Democratic lawmakers are calling for an investigation following a New York Times report that in 2014, Supreme Court Justice Samuel Alito divulged the outcome of a closely watched religious freedom case, Burwell v. Hobby Lobby, during a dinner with an evangelical activist before the decision came down.

Alito denies the claim, but Senate Judiciary Committee Chairman Dick Durbin, D-Ill., said the committee is reviewing “these serious allegations.” Determining whether Alito revealed the Hobby Lobby outcome is important, but it won’t solve the court’s most serious problem: While it claims to be a nonpartisan, neutral arbiter of the law, its conservative majority was deliberately cultivated to expand religious freedom for conservative Christians at the expense of the rights of those deemed less worthy of protection.

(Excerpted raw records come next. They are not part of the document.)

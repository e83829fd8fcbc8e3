-- ===== src/Input/Bindings/Balance.antt =====
-- Every callback of holds is told of as many releases as presses, but for those that are still held.
pub mod Reshapes
pub mod Operations
pub mod Histories
use detour_mod_kit.Base.{
  ℕ, zero, suc, ◌+◌, ◌≤◌, ◌≡◌, refl, sym, ap, ◌∙◌, Bool, true, false, not, ◌&&◌, ◌||◌, List, [],
  ◌∷◌, ◌++◌, map, Option, none, some, arith, ◌==◌, if◌then◌else◌, Bool-cases, inl, inr, length,
}
use detour_mod_kit.Text.{Text}
use detour_mod_kit.Input.{
  InputCode, Trigger, press, hold, InputBinding, Sample, Entry, Call, pressed_call, state_call,
}
use detour_mod_kit.Input.Cycle.{
  Claims, no_claims, evaluate, press_calls, state_calls, differ, edge_calls, can_stage, Pass,
  pass_entry, pass_over, poll_cycle,
}
use detour_mod_kit.Input.Bindings.{
  KeyCombo, Poller, recompute, named, with_name, without_name, release_of, release_call,
  release_calls, with_combo, with_consume, fresh_entry, rewrite_combos, fresh_entries, appended,
  update_named, update_combos, inactive, add_bindings, remove_named, remove_bindings_by_name,
  clear_bindings, deactivate, release_active_holds, set_named_consume, set_consume, owned_by,
  set_owned_consume, set_consume_by_owner,
}

abbrev told_by : ℕ → Bool → Call → ℕ
told_by f true (state_call g true) = if g == f then 1 else 0
told_by f false (state_call g false) = if g == f then 1 else 0
told_by f v _ = 0

-- How often callback `f` is told this value.
unfoldable pub told : ℕ → Bool → List Call → ℕ
told f v [] = 0
told f v (c ∷ cs) = told_by f v c + told f v cs

abbrev pub holds_of : ℕ → Bool → Trigger → Option ℕ → ℕ
holds_of f true hold (some g) = if g == f then 1 else 0
holds_of f _ _ _ = 0

abbrev pub active_hold : ℕ → Entry → ℕ
active_hold f e = holds_of f e.active e.binding.trigger e.binding.on_state_change

-- How many active holds have it as their callback.
unfoldable pub active_holds : ℕ → List Entry → ℕ
active_holds f [] = 0
active_holds f (e ∷ es) = active_hold f e + active_holds f es

pub told-append :
    (f : ℕ) (v : Bool) (cs ds : List Call) → told f v (cs ++ ds) ≡ told f v cs + told f v ds
unfolding told
told-append f v [] ds = omega arith
told-append f v (c ∷ cs) ds = omega (arith, told-append f v cs ds)

pub active_holds-append :
    (f : ℕ) (es ds : List Entry) → active_holds f (es ++ ds) ≡ active_holds f es + active_holds f ds
unfolding active_holds
active_holds-append f [] ds = omega arith
active_holds-append f (e ∷ es) ds = omega (arith, active_holds-append f es ds)

-- The edge of one binding.
edge_told :
    (f : ℕ) (t : Trigger) (b : InputBinding) (was now : Bool)
    → told f true (edge_calls t b was now) + holds_of f was t b.on_state_change
      ≡ told f false (edge_calls t b was now) + holds_of f now t b.on_state_change
unfolding told edge_calls
edge_told f press b was now = go b.on_press was now
  where
    go :
        (o : Option ℕ) (was now : Bool)
        → told f true (if now && not was then press_calls o else [])
            + holds_of f was press b.on_state_change
          ≡ told f false (if now && not was then press_calls o else [])
            + holds_of f now press b.on_state_change
    go none true true = refl
    go none true false = refl
    go none false true = refl
    go none false false = refl
    go (some g) true true = refl
    go (some g) true false = refl
    go (some g) false true = refl
    go (some g) false false = refl
edge_told f hold b was now = go b.on_state_change was now
  where
    go :
        (o : Option ℕ) (was now : Bool)
        → told f true (if differ now was then state_calls o now else []) + holds_of f was hold o
          ≡ told f false (if differ now was then state_calls o now else []) + holds_of f now hold o
    go none true true = refl
    go none true false = refl
    go none false true = refl
    go none false false = refl
    go (some g) true true = omega arith
    go (some g) true false = ground arith
    go (some g) false true = ground arith
    go (some g) false false = omega arith

unfoldable pub Balanced : ℕ → List Call → List Entry → List Entry → Type 0
unfolding told active_holds
Balanced f calls before after =
    told f true calls + active_holds f before ≡ told f false calls + active_holds f after

can_stage-all :
    (memory : Call → Bool)
    → ((c : Call) → memory c ≡ true)
    → (cs : List Call) → can_stage memory cs ≡ true
can_stage-all memory all [] = refl
can_stage-all memory all (c ∷ cs) =
    ap (λ b. b && can_stage memory cs) (all c) ∙ can_stage-all memory all cs

kept :
    (f : ℕ) (e : Entry) (es ds : List Entry) (cs : List Call)
    → Balanced f cs es ds
    → Balanced f cs (e ∷ es) (e ∷ ds)
unfolding Balanced active_holds
kept f e es ds cs h = omega (arith, h)

moved :
    (f : ℕ) (e : Entry) (now : Bool) (es ds : List Entry) (cs : List Call)
    → Balanced f cs es ds
    → Balanced f
        (edge_calls e.binding.trigger e.binding e.active now ++ cs)
        (e ∷ es)
        (record e { active = now } ∷ ds)
unfolding Balanced active_holds
moved f e now es ds cs h = omega (
  arith,
  h,
  edge_told f e.binding.trigger e.binding e.active now,
  told-append f true (edge_calls e.binding.trigger e.binding e.active now) cs,
  told-append f false (edge_calls e.binding.trigger e.binding e.active now) cs,
)

pub unchanged : (f : ℕ) (es : List Entry) → Balanced f [] es es
unfolding Balanced told
unchanged f es = refl

Settled : ℕ → List Entry → Pass → Type 0
unfolding Balanced
Settled f es p = (p.broken ≡ false) × Balanced f p.calls es p.entries

entry-Settled :
    (f : ℕ) (ks : List InputCode) (e : Entry) (es : List Entry) (r : Bool × Claims)
    (rest further : Pass)
    → Settled f es rest
    → Settled f es further
    → Settled f (e ∷ es) (
        pass_entry ks true e es r
          (edge_calls e.binding.trigger e.binding e.active r.0)
          rest
          further)
unfolding Settled pass_entry
entry-Settled f [] e es r rest further h k = (h.0, kept f e es _ _ h.1)
entry-Settled f (key ∷ ks) e es r rest further h k = (k.0, moved f e r.0 es _ _ k.1)

pass-Settled :
    (memory : Call → Bool)
    → ((c : Call) → memory c ≡ true)
    → (f : ℕ) (focused : Bool) (s : Sample) (known : List InputCode) (es : List Entry) (c : Claims)
    → Settled f es (pass_over memory focused s known es c)
unfolding pass_over
pass-Settled memory all f focused s known [] c = unfold Settled in (refl, unchanged f [])
pass-Settled memory all f focused s known (e ∷ es) c =
    let r = evaluate focused s known e.binding c in
    let staged = edge_calls e.binding.trigger e.binding e.active r.0 in
    rw (can_stage-all memory all staged) (
      entry-Settled f e.binding.keys e es r _ _ (pass-Settled memory all f focused s known es c)
        (pass-Settled memory all f focused s known es r.1))

pub cycle-Balanced :
    (reserves : Bool) (memory : Call → Bool)
    → ((c : Call) → memory c ≡ true)
    → (f : ℕ) (focused : Bool) (s : Sample) (known : List InputCode) (es : List Entry)
    → let p = poll_cycle reserves memory focused s known es in Balanced f p.calls es p.entries
unfolding poll_cycle Settled
cycle-Balanced false memory all f focused s known es = unchanged f es
cycle-Balanced true memory all f focused s known es =
    let h = pass-Settled memory all f focused s known es no_claims in rw h.0 h.1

The possible revelation of the Hobby Lobby decision — in which the court held that private corporations can demand religious exemptions from the Affordable Care Act’s requirement that employer health plans cover contraceptives — is the second Supreme Court leak in the news this year. The other involved an even greater victory for the religious right: the unsolved mystery of who leaked a draft of the decision in Dobbs v. Jackson Women’s Health Organization, overturning the right to an abortion. Both rulings were penned by Alito.

The heart of the Times story is that the alleged leak enabled the Rev. Rob Schenck, at the time a Capitol Hill-based conduit between evangelical donors and top political players, to help Hobby Lobby craft a public relations campaign ahead of the decision. The focus on his efforts, while an interesting look inside the operations of one (now repentant) activist, obscures the much larger scope and scale of the broader Christian right’s fundraising, activism and litigation over the past four decades.

The Hobby Lobby chain of arts and crafts stores already had been the subject of an intense public relations strategy to portray the contraception coverage requirement as a dire threat to the religious freedom of pious business owners. Even before the litigation, the store was a beloved brand in the Bible Belt and beyond. Its billionaire founder, David Green, was long a respected figure and a major donor in the evangelical world. Even without Schenck’s help, Hobby Lobby had already become a poster child for a burgeoning campaign to convince the court to enlarge religious freedom rights for conservative Christians.

When, in 2012, evangelical and Catholic activists attacked the Affordable Care Act’s contraception mandate, the notion of corporate religious rights was a novel legal theory. But when the court held oral arguments two years later, it was immediately clear that a majority of the court had embraced this theory. What changed? Hobby Lobby became a landmark Supreme Court decision owing to a well-funded network of lawyers and activists, and their shared ideologies with the justices who were selected for their positions on issues most important to conservative religious groups.

Before landing at the Supreme Court, Hobby Lobby won its case in the 8th Circuit Court of Appeals in an opinion authored by future Supreme Court Justice Neil Gorsuch, whose nomination was heralded by advocates for this newly expanded religious freedom. The company was represented by Kyle Duncan, a lawyer with the Becket Fund for Religious Liberty. That organization’s board members include Leonard Leo, the dark money-backed activist whose list of suggested judicial nominees was adopted by then-President Donald Trump — who nominated Duncan to the 5th Circuit Court of Appeals.

In recent decades, activists on the right have successfully eroded church-state separation with increasing speed. In Kennedy v. Bremerton School District, decided earlier this year, the court sided with a high school football coach demanding to pray with players on the field after games. These lawyers and activists have opened the door for religious business owners to refuse to serve LGBTQ people, such as 2018’s Masterpiece Cakeshop v. Colorado Civil Rights Commission, in which the court ruled for a baker who refused to make a cake for a same-sex wedding. That door could open wider in the upcoming 303 Creative v. Elenis, which concerns a web designer’s claims that a nondiscrimination law violates her free speech rights. Leo has been open about his hostility to Supreme Court precedent legalizing contraception and same-sex marriage. In a concurrence in Dobbs, Justice Clarence Thomas echoed that hostility, even criticizing the 2003 ruling in Lawrence v. Texas that made anti-sodomy laws unconstitutional.

Hobby Lobby was a key inflection point in an ongoing and largely successful right-wing campaign to undermine the separation of church and state and expand recognized religious rights of conservative Christians who claim that abortion, contraception and LGBTQ rights infringe on their religious freedom. Alito’s dinner with Schenck’s emissaries is a symptom of cozy relationships, but the wider activism that shaped the court is a far more significant threat to the court’s willingness to protect the rights of all Americans. Requiring the justices to adhere to a judicial code of conduct to curb conflicts of interest and appearances of partiality would be a welcome reform. But fixing the undemocratic ailments of the Supreme Court will require much more.